Ethical Use of the SCRATCH Area
Users are encouraged to respect the intended use of the various areas. Users are reminded that the SCRATCH area is not subject to restrictions (quota) to facilitate the production of data, even large amounts. However, the SCRATCH area should not be used as a temporary storage area. Users are warned against using “touch” commands or similar methods to extend the retention of files beyond the 40-day limit. The use of such “improper” procedures will be monitored, and users will be subject to various degrees of restrictions up to a ban.
Description of Data Areas
Backup Policies and Data Availability
- Daily backups guarantee the $HOME filesystem. In particular, the daily backup procedure preserves a maximum of three different copies of the same file. Older versions of files are kept for 1 month. The last version of deleted files is kept for 2 months, then definitely removed from the backup archive. Different agreements about Backup policies are possibile. For more information contact the HPC support (superc@cineca.it).
- Data, both backed up and non-backed up, are available for the entire duration of the project. After a project expires, users will still have full access to the data for an additional six months. Beyond this six-month period, data availability is not guaranteed. A scheme of data availability is reported in the figure below.
Important: Users have responsibility to backup their important data !!!
Monitoring the occupancy
The occupancy status of all areas accessible to a user, along with the storage quota limits, can be monitored using a simple command available on all HPC cluster.

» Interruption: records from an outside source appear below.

-- ===== src/Roster/Laws.antt =====
-- What a roster built from a snapshot shows, slot by slot, and what `check_target` lets pass.
use lobbylink.Base.{
  get_elem?-lt, lt-get_elem?, ℕ, zero, suc, ◌+◌, ◌<◌, ◌≡◌, ◌≢◌, ◌↔◌, refl, ap, ◌∙◌, false, List, [],
  ◌∷◌, Option, some, ◌==◌, if◌then◌else◌, length, get_elem?, codes, arith,
}
use lobbylink.Base.Outcome.{ok, err}
use lobbylink.Error.{LobbyError}
use lobbylink.Roster.{
  said, PlayerInfo, WirePlayer, modify, empty_slots, fill_slots, roster_from_snapshot, check_target,
}

-- Slot `i` has the id `i`, and there are `n` slots.
pub record IsRoster (n : ℕ) (roster : List PlayerInfo) : Type 0 where
  pub size : length roster ≡ n
  pub ids : (i : ℕ) (s : PlayerInfo) → get_elem? roster i ≡ some s → s.id ≡ i

-- What the snapshot says last of slot `i`, if it says anything; `s` is the slot before.
unfoldable pub last_said : ℕ → PlayerInfo → List WirePlayer → PlayerInfo
last_said i s [] = s
last_said i s (p ∷ players) = last_said i (if p.id == i then said p s else s) players

pub length-modify :
    (roster : List PlayerInfo) (i : ℕ) (f : PlayerInfo → PlayerInfo)
    → length (modify roster i f) ≡ length roster
unfolding modify
length-modify [] i f = refl
length-modify (s ∷ roster) zero f = refl
length-modify (s ∷ roster) (suc i) f = ap suc (length-modify roster i f)

pub get_elem?-modify :
    (roster : List PlayerInfo) (i j : ℕ) (f : PlayerInfo → PlayerInfo) (s : PlayerInfo)
    → get_elem? roster j ≡ some s
    → get_elem? (modify roster i f) j ≡ some (if i == j then f s else s)
unfolding modify
get_elem?-modify [] i j f s h = cc
get_elem?-modify (x ∷ roster) zero zero f s h = ground arith
get_elem?-modify (x ∷ roster) zero (suc j) f s h = ground arith
get_elem?-modify (x ∷ roster) (suc i) zero f s h = ground arith
get_elem?-modify (x ∷ roster) (suc i) (suc j) f s h =
    ground (arith, get_elem?-modify roster i j f s h)

length-empty_slots : (n id : ℕ) → length (empty_slots n id) ≡ n
unfolding empty_slots
length-empty_slots zero id = refl
length-empty_slots (suc n) id = ap suc (length-empty_slots n (suc id))

get_elem?-empty_slots :
    (n id i : ℕ)
    → i < n
    → get_elem? (empty_slots n id) i
      ≡ some (record { id = id + i; occupied = false; connected = false })
unfolding empty_slots
get_elem?-empty_slots zero id i h = absurd (omega arith)
get_elem?-empty_slots (suc n) id zero h = ground arith
get_elem?-empty_slots (suc n) id (suc i) h = ground (arith, get_elem?-empty_slots n (suc id) i)

length-fill_slots :
    (roster : List PlayerInfo) (players : List WirePlayer)
    → length (fill_slots roster players) ≡ length roster
unfolding fill_slots
length-fill_slots roster [] = refl
length-fill_slots roster (p ∷ players) =
    length-fill_slots (modify roster p.id (said p)) players ∙ length-modify roster p.id (said p)

get_elem?-fill_slots :
    (roster : List PlayerInfo) (players : List WirePlayer) (i : ℕ) (s : PlayerInfo)
    → get_elem? roster i ≡ some s
    → get_elem? (fill_slots roster players) i ≡ some (last_said i s players)
unfolding fill_slots last_said
get_elem?-fill_slots roster [] i s h = h
get_elem?-fill_slots roster (p ∷ players) i s h =
    get_elem?-fill_slots (modify roster p.id (said p)) players i (if p.id == i then said p s else s)
      (get_elem?-modify roster p.id i (said p) s h)

abbrev slot_free : ℕ → Option PlayerInfo
slot_free i = some (record { id = i; occupied = false; connected = false })

-- A snapshot of any content gives a roster of exactly `max_players` slots; slot `i` shows what the
-- snapshot said last of player `i`, and is free if it said nothing.
pub roster_from_snapshot_exact :
    (max_players : ℕ) (players : List WirePlayer)
    → (length (roster_from_snapshot max_players players) ≡ max_players)
      × ((i : ℕ)
          → i < max_players
          → get_elem? (roster_from_snapshot max_players players) i
            ≡ some (last_said i (record { id = i; occupied = false; connected = false }) players))
unfolding roster_from_snapshot
roster_from_snapshot_exact n players = (
  length-fill_slots (empty_slots n 0) players ∙ length-empty_slots n 0,
  λ i h.
      get_elem?-fill_slots (empty_slots n 0) players i _
        (get_elem?-empty_slots n 0 i h ∙ ap slot_free (omega arith)),
)

-- `check_target` passes exactly the other players' slots; what it refuses has one error code.
pub check_target_exact :
    (to self_id max_players : ℕ)
    → ((check_target to self_id max_players ≡ ok tt) ↔ ((to < max_players) × (to ≢ self_id)))
      × ((e : LobbyError)
          → check_target to self_id max_players ≡ err e
          → e.code ≡ codes "invalid-target")
unfolding check_target
check_target_exact to self_id max_players =
    ((λ h. ground arith, λ h. ground arith), λ e h. ground arith)

last_said-id :
    (i : ℕ) (s : PlayerInfo) (players : List WirePlayer) → (last_said i s players).id ≡ s.id
unfolding last_said
last_said-id i s [] = refl
last_said-id i s (p ∷ players) =
    last_said-id i (if p.id == i then said p s else s) players ∙ ground arith

pub roster_from_snapshot-IsRoster :
    (n : ℕ) (players : List WirePlayer) → IsRoster n (roster_from_snapshot n players)
roster_from_snapshot-IsRoster n players =
    let (size, slots) = roster_from_snapshot_exact n players in
    record {
      size = size;
      ids = λ i s h.
          let shown = slots i (omega (arith, size, get_elem?-lt _ i s h)) in
          ground (
            arith,
            shown,
            last_said-id i (record { id = i; occupied = false; connected = false }) players,
          );
    }

-- A change that leaves the id alone keeps a roster a roster.
pub modify-IsRoster :
    (n : ℕ) (roster : List PlayerInfo) (i : ℕ) (f : PlayerInfo → PlayerInfo)
    → ((s : PlayerInfo) → (f s).id ≡ s.id)
    → IsRoster n roster
    → IsRoster n (modify roster i f)
modify-IsRoster n roster i f keeps v = record {
  size = length-modify roster i f ∙ v.size;
  ids = λ j s h.
      let (old, was) =
        lt-get_elem? roster j (omega (arith, length-modify roster i f, get_elem?-lt _ j s h)) in
      ground (arith, get_elem?-modify roster i j f old was, keeps old, v.ids j old was);
}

There are two commands named cindata
, cinQuota
(only for Galileo 100 and Leonardo). For both commands the flag -h
can be used to show the help. In the follwing, an example of cindata
and cinQuota
outputs produced for a DRES user is shown.
File permissions
As explained above, $WORK and $DRES are environmental variables automatically set in the user environment.
$WORK variable points to a directory (fileset) specific for one of the user projects:
/gpfs/work/<account_name>
$DRES variable points to space where all of the dres are defined:
/gss/gss_work/
In order to use a specific dres type the following path:
$DRES/<dres_name>
The owner of the root directory is the "Principal Investigator" (PI) of the project or the "owner" of the DRES, the group corresponds to the name of the project or the name of the DRES. Default permissions are:
own: rwx group: rwx other: -
In this way, all project collaborators, sharing the same project group, can read/write into the project/dres fileset, whereas other users can not.
Users are advised to create a personal subdirectory under $WORK and $DRES. By default, files into the subdirectory are private, but the owner can easily share the files with the other collaborators by opening the subdirectory:
chmod 777 mydir chmod 755 mydir
Since the $WORK/$DRES fileset is closed to non collaborators, the data sharing is active only among the project collaborators.Pointing $WORK to a different project: the chprj
command
Pointing $WORK to a different project: the chprj command
The user can modify the project pointed to by the variable $WORK using the "change project" command.
To list all your accounts (both active or completed) and the default project:
chprj -l
To set $WORK to point to a different <account_no> project:
chprj -d <account_no>
More details are in the help page of the command:
chprj -h chprj --help
On LEONARDO only: The command applies to the $FAST variable as well.
Endianness
Endianness is the attribute of a system that indicates whether integers are represented from left to right or right to left. At present, all clusters in Cineca are "little-endian".